We show that the property extends onto nilpotent ideals, and that these properties are stable under R-algebra homomorphisms and compositions.

We show that étale is stable under algebra isomorphisms, composition and localization at an element.

class Algebra.FormallyEtale (R : Type u) [CommRing R] (A : Type u) [CommRing A] [Algebra R A] : Prop

An R algebra A is formally étale if for every R-algebra, every square-zero ideal I : Ideal B and f : A →ₐ[R] B ⧸ I, there exists exactly one lift A →ₐ[R] B.

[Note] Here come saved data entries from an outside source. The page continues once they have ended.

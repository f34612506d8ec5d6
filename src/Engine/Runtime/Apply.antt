-- ===== src/Engine/Runtime/Apply.antt =====
-- src/native_dsp_graph.rs: `apply_command`, which the callback runs for each queued command.
use freewheeling_plus.Prelude.{
  ℕ, ◌==◌, Bool, true, false, ◌&&◌, ◌||◌, Option, none, some, List, [], ◌∷◌, min, if◌then◌else◌,
}
use freewheeling_plus.Prelude.Options.{◌>>=◌}
use freewheeling_plus.Prelude.Floats.{Float32}
use freewheeling_plus.Engine.Command.{RuntimeCommand}
use freewheeling_plus.Engine.Blocks.{BlockPool}
use freewheeling_plus.Engine.Mixer.{
  note_on, controller, pitch_bend, program_select, set_tuning, centred, set_input_volume,
  adjust_input_volume, toggle_input_record, call, silence, set_synth_enabled,
}
use freewheeling_plus.Engine.Pulse.{PulseClock}
use freewheeling_plus.Engine.Pulse.Commands.{
  set_pulse, set_pulse_subdivide, set_sample_rate, set_midi_sync_transmit, set_sync_speed,
  set_sync_type, tap_pulse, clear_pulse,
}
use freewheeling_plus.Engine.Runtime.{Engine, ExportJob, on_mixer, reject}
use freewheeling_plus.Engine.Runtime.Recording.{request_stop_recording}
use freewheeling_plus.Engine.Runtime.Loops.{
  record_loop, overdub, trigger, change_filled, set_trigger_gain, set_loop_gain, adjust_loop_gain,
  adjust_loop_gain_delta, mute, reset_loop_gain_deltas, move_loop, erase, delete_pulse_loops,
  select_pulse,
}
use freewheeling_plus.Engine.Runtime.Snapshot.{snapshot}
use freewheeling_plus.Engine.Runtime.Pcm.{import_loop, request_loop_export, shutdown}

-- `mutates_loop`.
unfoldable pub mutates_loop : {F : Type 0} → RuntimeCommand F → ℕ → Bool
mutates_loop (RuntimeCommand.record_loop target presslen) slot = presslen == 0 && target == slot
mutates_loop (RuntimeCommand.overdub target _ _) slot = target == slot
mutates_loop (RuntimeCommand.erase target) slot = target == slot
mutates_loop (RuntimeCommand.import_loop target _ _ _ _) slot = target == slot
mutates_loop (RuntimeCommand.set_trigger_gain target _) slot = target == slot
mutates_loop (RuntimeCommand.set_loop_gain target _) slot = target == slot
mutates_loop (RuntimeCommand.adjust_loop_gain target _) slot = target == slot
mutates_loop (RuntimeCommand.adjust_loop_gain_delta target _) slot = target == slot
mutates_loop (RuntimeCommand.move_loop source target) slot = source == slot || target == slot
mutates_loop _ slot = false

-- The commands that wait for the end of the latency calibration.
unfoldable pub starts_recording : {F : Type 0} → RuntimeCommand F → Bool
starts_recording (RuntimeCommand.record_loop _ _) = true
starts_recording (RuntimeCommand.overdub _ _ _) = true
starts_recording _ = false

unfoldable pub is_guarded : {F : Type 0} → Option (ExportJob F) → RuntimeCommand F → Bool
is_guarded none command = false
is_guarded (some job) command = mutates_loop command job.slot

unfoldable pub on_clock :
    {F : Type 0} {P : BlockPool F} → Engine P → (PulseClock → PulseClock) → Engine P
on_clock e change = record e { clock = change e.clock }

unfoldable pub set_alignment : {F : Type 0} {P : BlockPool F} → Engine P → ℕ → Engine P
set_alignment e frames = record e { recorder = record e.recorder { alignment_frames = frames } }

module _ (f : Float32) (P : BlockPool f.F) where
  open f use {F, of_ℕ, add, max as fmax}

  -- The `match` of `apply_command`, after its guards.
  unfoldable pub run_command : Engine P → RuntimeCommand F → Option (Engine P)
  run_command e (RuntimeCommand.record_loop slot presslen) =
      record_loop f P e (RuntimeCommand.record_loop slot presslen) slot
  run_command e (RuntimeCommand.overdub slot feedback gain) =
      overdub f P e (RuntimeCommand.overdub slot feedback gain) slot feedback gain
  run_command e RuntimeCommand.stop_record = request_stop_recording f P e true
  run_command e (RuntimeCommand.trigger slot gain) =
      some (trigger f P e (RuntimeCommand.trigger slot gain) slot gain)
  run_command e (RuntimeCommand.set_trigger_gain slot gain) = some (
      change_filled f P e (RuntimeCommand.set_trigger_gain slot gain) slot
        (set_trigger_gain f P gain))
  run_command e (RuntimeCommand.set_loop_gain slot gain) =
      some
        (change_filled f P e (RuntimeCommand.set_loop_gain slot gain) slot (set_loop_gain f P gain))
  run_command e (RuntimeCommand.adjust_loop_gain slot factor) = some (
      change_filled f P e (RuntimeCommand.adjust_loop_gain slot factor) slot
        (adjust_loop_gain f P factor))
  run_command e (RuntimeCommand.adjust_loop_gain_delta slot amount) = some (
      change_filled f P e (RuntimeCommand.adjust_loop_gain_delta slot amount) slot
        (adjust_loop_gain_delta f P amount))
  run_command e RuntimeCommand.reset_loop_gain_deltas = some (reset_loop_gain_deltas f P e)
  run_command e (RuntimeCommand.move_loop source target) =
      some (move_loop f P e (RuntimeCommand.move_loop source target) source target)
  run_command e (RuntimeCommand.mute slot muted) =
      some (change_filled f P e (RuntimeCommand.mute slot muted) slot (mute f P muted))
  run_command e (RuntimeCommand.erase slot) = some (erase f P e (RuntimeCommand.erase slot) slot)
  run_command e (RuntimeCommand.set_pulse frames) = some (on_clock e (λ c. set_pulse c frames))
  run_command e (RuntimeCommand.set_pulse_subdivide beats) =
      some (on_clock e (λ c. set_pulse_subdivide c beats))
  run_command e (RuntimeCommand.set_recording_alignment_frames frames) =
      some (set_alignment e frames)
  run_command e (RuntimeCommand.set_sample_rate rate) =
      some (on_clock e (λ c. set_sample_rate c rate))
  run_command e RuntimeCommand.calibrate_latency = some (record e { calibrating = true })
  run_command e (RuntimeCommand.set_midi_sync_transmit enabled) =
      some (on_clock e (λ c. set_midi_sync_transmit c enabled))
  run_command e (RuntimeCommand.set_sync_speed speed) =
      some (on_clock e (λ c. set_sync_speed c speed))
  run_command e (RuntimeCommand.set_sync_type kind) = some (on_clock e (λ c. set_sync_type c kind))
  run_command e (RuntimeCommand.set_pulse_from_loop slot) =
      some (select_pulse f P e (RuntimeCommand.set_pulse_from_loop slot) slot)
  run_command e (RuntimeCommand.tap_pulse new_len) = some (on_clock e (λ c. tap_pulse f c new_len))
  run_command e RuntimeCommand.clear_pulse = some (on_clock e clear_pulse)
  run_command e RuntimeCommand.delete_pulse = some (delete_pulse_loops f P e)
  run_command e (RuntimeCommand.import_loop slot handle position mode gain) =
      some (import_loop f P e slot handle position mode gain)
  run_command e (RuntimeCommand.request_loop_export slot replacement) =
      some (request_loop_export e slot replacement)
  run_command e RuntimeCommand.shutdown = shutdown f P e
  run_command e RuntimeCommand.request_snapshot = snapshot f e
  run_command e (RuntimeCommand.set_input_monitor gain) =
      some (on_mixer e (λ m. record m { monitor_gain = fmax gain (of_ℕ 0) }))
  run_command e (RuntimeCommand.adjust_input_monitor amount) =
      some (on_mixer e (λ m. record m { monitor_gain = fmax (add m.monitor_gain amount) (of_ℕ 0) }))
  run_command e (RuntimeCommand.set_input_volume input volume fader_volume) =
      some (on_mixer e (λ m. set_input_volume f m input volume fader_volume))
  run_command e (RuntimeCommand.adjust_input_volume input amount) =
      some (on_mixer e (λ m. adjust_input_volume f m input amount))
  run_command e (RuntimeCommand.toggle_input_record input) =
      some (on_mixer e (λ m. toggle_input_record f m input))
  run_command e (RuntimeCommand.set_master_gain gain) =
      some (on_mixer e (λ m. record m { master_gain = fmax gain (of_ℕ 0) }))
  run_command e (RuntimeCommand.adjust_master_gain amount) =
      some (on_mixer e (λ m. record m { master_gain = fmax (add m.master_gain amount) (of_ℕ 0) }))
  run_command e (RuntimeCommand.set_metronome enabled gain) =
      some (on_mixer e (λ m. record m { metro_enabled = enabled; metro_gain = fmax gain (of_ℕ 0) }))
  run_command e (RuntimeCommand.synth_note note velocity) =
      some (on_mixer e (λ m. call f m (note_on m.synth_channel note velocity)))
  run_command e RuntimeCommand.synth_off = some (on_mixer e (silence f))
  run_command e (RuntimeCommand.set_synth_enabled enabled) =
      some (on_mixer e (λ m. set_synth_enabled f m enabled))
  run_command e (RuntimeCommand.set_synth_channel channel) =
      some (on_mixer e (λ m. record m { synth_channel = min channel 15 }))
  run_command e (RuntimeCommand.set_synth_stereo stereo) =
      some (on_mixer e (λ m. record m { synth_stereo = stereo }))
  run_command e (RuntimeCommand.synth_controller _ control value) =
      some (on_mixer e (λ m. call f m (controller m.synth_channel control value)))
  run_command e (RuntimeCommand.synth_pitch_bend _ value) =
      some (on_mixer e (λ m. call f m (pitch_bend m.synth_channel (centred value))))
  run_command e (RuntimeCommand.synth_patch channel soundfont_id bank program) =
      some (on_mixer e (λ m. call f m (program_select (min channel 15) soundfont_id bank program)))
  run_command e (RuntimeCommand.synth_tuning cents) =
      some (on_mixer e (λ m. call f m (set_tuning cents)))

  unfoldable pub apply_command : Engine P → RuntimeCommand F → Option (Engine P)
  apply_command e command =
      if is_guarded e.export_job command || (e.calibrating && starts_recording command)
      then some (reject e command)
      else run_command e command

  -- `drain_commands` on the commands that wait.
  unfoldable pub drain_commands : List (RuntimeCommand F) → Engine P → Option (Engine P)
  drain_commands [] e = some e
  drain_commands (command ∷ commands) e = do
    applied ← apply_command e command
    drain_commands commands applied
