-- ===== src/Engine/Runtime/Grow.antt =====
-- src/native_dsp_graph.rs: the loops that add blocks to a loop until a capacity is reached.
use freewheeling_plus.Prelude.{
  ℕ, zero, suc, ◌+◌, ◌-◌, ◌*◌, ◌≤◌, ◌<◌, ◌≡◌, refl, sym, ap, ◌∙◌, subst, Bool, true, false, not,
  List, [], ◌∷◌, length, leb, leb→le, le→leb, if◌then◌else◌, arith, Bool-cases, inl, inr,
}
use freewheeling_plus.Prelude.Floats.{Float32}
use freewheeling_plus.Engine.Blocks.{BlockPool, audio_block_frames}
use freewheeling_plus.Engine.Loop.{LoopSlot, is_nil, uses_blocks, stored, capacity}
use freewheeling_plus.Engine.Loop.Samples.{IsStored}
use freewheeling_plus.Engine.Runtime.Recording.{extend_storage}

chain_pos {ℓ} : {A : Type ℓ} (xs : List A) → not (is_nil xs) ≡ true → 0 < length xs
unfolding is_nil
chain_pos [] e = absurd cc
chain_pos (x ∷ xs) e = omega arith

is_nil-pos {ℓ} : {A : Type ℓ} (xs : List A) → 0 < length xs → is_nil xs ≡ false
unfolding is_nil
is_nil-pos [] h = elim h [ ]
is_nil-pos (x ∷ xs) h = refl

module _ {F : Type 0} where
  stored_blocks :
      (s : LoopSlot F) → 0 < length s.blocks → stored s ≡ length s.blocks * audio_block_frames
  unfolding stored uses_blocks
  stored_blocks s h = rw (is_nil-pos s.blocks h) refl

  blocks_pos : (s : LoopSlot F) → uses_blocks s ≡ true → 0 < length s.blocks
  unfolding uses_blocks
  blocks_pos s e = chain_pos s.blocks e

module _ (f : Float32) (P : BlockPool f.F) where
  open f use {F}
  open P use {Pool, IsPool, ready, room, add_block, length-add_block}

  -- What adding blocks leaves of a pool and a loop.
  pub record IsGrown (required : ℕ) (p : Pool) (s : LoopSlot F) (r : Pool × LoopSlot F × Bool)
      : Type 0 where
    pub pool_valid : IsPool r.0
    pub formed : IsStored r.1
    pub kept : r.1 ≡ record s { blocks = r.1.blocks }
    pub wider : stored s ≤ stored r.1
    pub reached : r.2 ≡ true → required ≤ capacity r.1
    pub cheap : required ≤ capacity s + audio_block_frames → ready p ≤ ready r.0 + 1
    pub same_room : room r.0 ≡ room p

  -- One more block, or the same blocks where there is none.
  pub grown_slot : Pool → LoopSlot F → LoopSlot F
  grown_slot p s = record s { blocks = (add_block p s.blocks).1 }

  pub grown_slot-stored :
      (p : Pool) (s : LoopSlot F)
      → uses_blocks s ≡ true
      → stored (grown_slot p s)
        ≡ (if (add_block p s.blocks).2 then stored s + audio_block_frames else stored s)
  unfolding grown_slot
  grown_slot-stored p s e =
      let n = blocks_pos s e in
      let l = length-add_block p s.blocks in
      elim (Bool-cases (add_block p s.blocks).2) [
        | inl t ↦ rw t (
            let m : length (add_block p s.blocks).1 ≡ length s.blocks + 1 = l ∙ (rw t refl) in
            omega
              (arith, n, m, stored_blocks s n, stored_blocks (grown_slot p s) (omega (arith, m))))
        | inr t ↦ rw t (
            let m : length (add_block p s.blocks).1 ≡ length s.blocks = l ∙ (rw t refl) in
            omega (
              arith,
              n,
              m,
              stored_blocks s n,
              stored_blocks (grown_slot p s) (omega (arith, m, n)),
            ))
      ]

  pub grown_slot_keeps : (p : Pool) (s : LoopSlot F) → (grown_slot p s).data_offset ≡ s.data_offset
  unfolding grown_slot
  grown_slot_keeps p s = refl

  grown_slot_kept :
      (p : Pool) (s : LoopSlot F) → grown_slot p s ≡ record s { blocks = (grown_slot p s).blocks }
  unfolding grown_slot
  grown_slot_kept p s = refl

  -- Once the capacity is there, nothing is added.
  pub extend_storage_enough :
      (fuel required : ℕ) (p : Pool) (s : LoopSlot F)
      → leb required (capacity s) ≡ true
      → extend_storage f P fuel required p s ≡ (p, s, true)
  unfolding extend_storage
  extend_storage_enough zero required p s e = rw e refl
  extend_storage_enough (suc fuel) required p s e = rw e refl

  pub extend_storage_buffer :
      (fuel required : ℕ) (p : Pool) (s : LoopSlot F)
      → leb required (capacity s) ≡ false
      → uses_blocks s ≡ false
      → extend_storage f P fuel required p s ≡ (p, s, false)
  unfolding extend_storage
  extend_storage_buffer zero required p s e b = rw e refl
  extend_storage_buffer (suc fuel) required p s e b = rw e (rw b refl)

  pub extend_storage_chain :
      (fuel required : ℕ) (p : Pool) (s : LoopSlot F)
      → leb required (capacity s) ≡ false
      → uses_blocks s ≡ true
      → extend_storage f P (suc fuel) required p s ≡ (
          if (add_block p s.blocks).2
          then extend_storage f P fuel required (add_block p s.blocks).0 (grown_slot p s)
          else ((add_block p s.blocks).0, grown_slot p s, false))
  unfolding extend_storage grown_slot
  extend_storage_chain fuel required p s e b = rw e (rw b refl)

  unchanged-IsGrown :
      (required : ℕ) (p : Pool) (s : LoopSlot F) (b : Bool)
      → IsPool p
      → IsStored s
      → (b ≡ true → required ≤ capacity s)
      → IsGrown required p s (p, s, b)
  unchanged-IsGrown required p s b v w h = record {
    pool_valid = v;
    formed = w;
    kept = refl;
    wider = omega arith;
    reached = h;
    cheap = λ _. omega arith;
    same_room = refl;
  }

  grown_slot-IsStored :
      (p : Pool) (s : LoopSlot F) → IsPool p → IsStored s → IsStored (grown_slot p s)
  unfolding grown_slot
  grown_slot-IsStored p s v w = record {
    blocks_formed = P.add_block-IsBlock p s.blocks v w.blocks_formed;
    channels = w.channels;
  }

  -- A turn that found a block, before the rest of the loop.
  more-IsGrown :
      (required : ℕ) (p : Pool) (s : LoopSlot F) (r : Pool × LoopSlot F × Bool)
      → s.data_offset ≤ stored s
      → stored (grown_slot p s) ≡ stored s + audio_block_frames
      → (leb required (capacity (grown_slot p s)) ≡ true → r.0 ≡ (add_block p s.blocks).0)
      → IsGrown required (add_block p s.blocks).0 (grown_slot p s) r
      → IsGrown required p s r
  unfolding grown_slot capacity
  more-IsGrown required p s r o wide stop g = record {
    pool_valid = g.pool_valid;
    formed = g.formed;
    kept = g.kept;
    wider = omega (arith, g.wider, wide);
    reached = g.reached;
    cheap = λ h.
        let same =
          stop (
            le→leb required (stored (grown_slot p s) - s.data_offset)
              (omega (arith, h, wide, o))) in
        omega (arith, P.ready-add_block p s.blocks, ap ready same);
    same_room = g.same_room ∙ P.room-add_block p s.blocks;
  }

  grown_slot_wider :
      (p : Pool) (s : LoopSlot F) → uses_blocks s ≡ true → stored s ≤ stored (grown_slot p s)
  grown_slot_wider p s e = ground (arith, grown_slot-stored p s e)

  grown_slot_offset :
      (p : Pool) (s : LoopSlot F)
      → s.data_offset ≤ stored s
      → uses_blocks s ≡ true
      → (grown_slot p s).data_offset ≤ stored (grown_slot p s)
  grown_slot_offset p s o e = omega (arith, o, grown_slot_wider p s e, grown_slot_keeps p s)

  lost-IsGrown :
      (required : ℕ) (p : Pool) (s : LoopSlot F)
      → IsPool p
      → IsStored s
      → uses_blocks s ≡ true
      → IsGrown required p s ((add_block p s.blocks).0, grown_slot p s, false)
  lost-IsGrown required p s v w e = record {
    pool_valid = P.add_block-IsPool p s.blocks v;
    formed = grown_slot-IsStored p s v w;
    kept = grown_slot_kept p s;
    wider = grown_slot_wider p s e;
    reached = λ h. absurd cc;
    cheap = λ _. P.ready-add_block p s.blocks;
    same_room = P.room-add_block p s.blocks;
  }

  chain-IsGrown :
      (required : ℕ) (p : Pool) (s : LoopSlot F)
      → IsPool p
      → IsStored s
      → s.data_offset ≤ stored s
      → uses_blocks s ≡ true
      → (r : Pool × LoopSlot F × Bool)
      → (leb required (capacity (grown_slot p s)) ≡ true → r.0 ≡ (add_block p s.blocks).0)
      → IsGrown required (add_block p s.blocks).0 (grown_slot p s) r
      → IsGrown required p s (
          if (add_block p s.blocks).2 then r else ((add_block p s.blocks).0, grown_slot p s, false))
  chain-IsGrown required p s v w o e r stop g = elim (Bool-cases (add_block p s.blocks).2) [
    | inl got ↦
        let wide : stored (grown_slot p s) ≡ stored s + audio_block_frames =
          ground (arith, grown_slot-stored p s e) in
        rw got (more-IsGrown required p s r o wide stop g)
    | inr lost ↦ rw lost (lost-IsGrown required p s v w e)
  ]

  pub extend_storage-IsGrown :
      (fuel required : ℕ) (p : Pool) (s : LoopSlot F)
      → IsPool p
      → IsStored s
      → s.data_offset ≤ stored s
      → IsGrown required p s (extend_storage f P fuel required p s)
  unfolding extend_storage
  extend_storage-IsGrown zero required p s v w o =
      unchanged-IsGrown required p s (leb required (capacity s)) v w (leb→le required (capacity s))
  extend_storage-IsGrown (suc fuel) required p s v w o =
      elim (Bool-cases (leb required (capacity s))) [
        | inl enough ↦
            subst (IsGrown required p s)
              (sym (extend_storage_enough (suc fuel) required p s enough))
              (unchanged-IsGrown required p s true v w (λ _. leb→le required (capacity s) enough))
        | inr short ↦ elim (Bool-cases (uses_blocks s)) [
          | inr buffer ↦
              subst (IsGrown required p s)
                (sym (extend_storage_buffer (suc fuel) required p s short buffer))
                (unchanged-IsGrown required p s false v w (λ e. absurd cc))
          | inl chain ↦
              subst (IsGrown required p s)
                (sym (extend_storage_chain fuel required p s short chain))
                (chain-IsGrown required p s v w o chain _
                  (λ e. ap (λ x. x.0) (extend_storage_enough fuel required _ (grown_slot p s) e))
                  (extend_storage-IsGrown fuel required (add_block p s.blocks).0 (grown_slot p s)
                    (P.add_block-IsPool p s.blocks v) (grown_slot-IsStored p s v w)
                    (grown_slot_offset p s o chain)))
        ]
      ]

See https://stacks.math.columbia.edu/tag/00UQ

• comp_bijective ⦃B : Type u⦄ [CommRing B] [Algebra R B] (I : Ideal B) : I ^ 2 = ⊥ → Function.Bijective (Ideal.Quotient.mkₐ R I).comp

theorem Algebra.formallyEtale_iff (R : Type u) [CommRing R] (A : Type u) [CommRing A] [Algebra R A] : FormallyEtale R A ↔ ∀ ⦃B : Type u⦄ [inst : CommRing B] [inst_1 : Algebra R B] (I : Ideal B), I ^ 2 = ⊥ → Function.Bijective (Ideal.Quotient.mkₐ R I).comp

theorem Algebra.FormallyEtale.iff_unramified_and_smooth {R : Type u} [CommRing R] {A : Type u} [CommRing A] [Algebra R A] : FormallyEtale R A ↔ FormallyUnramified R A ∧ FormallySmooth R A

@[instance 100]

instance Algebra.FormallyEtale.to_unramified {R : Type u} [CommRing R] {A : Type u} [CommRing A] [Algebra R A] [h : FormallyEtale R A] : FormallyUnramified R A

@[instance 100]

instance Algebra.FormallyEtale.to_smooth {R : Type u} [CommRing R] {A : Type u} [CommRing A] [Algebra R A] [h : FormallyEtale R A] : FormallySmooth R A

theorem Algebra.FormallyEtale.of_unramified_and_smooth {R : Type u} [CommRing R] {A : Type u} [CommRing A] [Algebra R A] [h₁ : FormallyUnramified R A] [h₂ : FormallySmooth R A] : FormallyEtale R A

theorem Algebra.FormallyEtale.of_equiv {R : Type u} [CommRing R] {A B : Type u} [CommRing A] [Algebra R A] [CommRing B] [Algebra R B] [FormallyEtale R A] (e : A ≃ₐ[R] B) : FormallyEtale R B

theorem Algebra.FormallyEtale.iff_of_equiv {R : Type u} [CommRing R] {A B : Type u} [CommRing A] [Algebra R A] [CommRing B] [Algebra R B] (e : A ≃ₐ[R] B) : FormallyEtale R A ↔ FormallyEtale R B

theorem Algebra.FormallyEtale.comp (R : Type u) [CommRing R] (A : Type u) [CommRing A] [Algebra R A] (B : Type u) [CommRing B] [Algebra R B] [Algebra A B] [IsScalarTower R A B] [FormallyEtale R A] [FormallyEtale A B] : FormallyEtale R B

instance Algebra.FormallyEtale.base_change {R : Type u} [CommRing R] {A : Type u} [CommRing A] [Algebra R A] (B : Type u) [CommRing B] [Algebra R B] [FormallyEtale R A] : FormallyEtale B (TensorProduct R B A)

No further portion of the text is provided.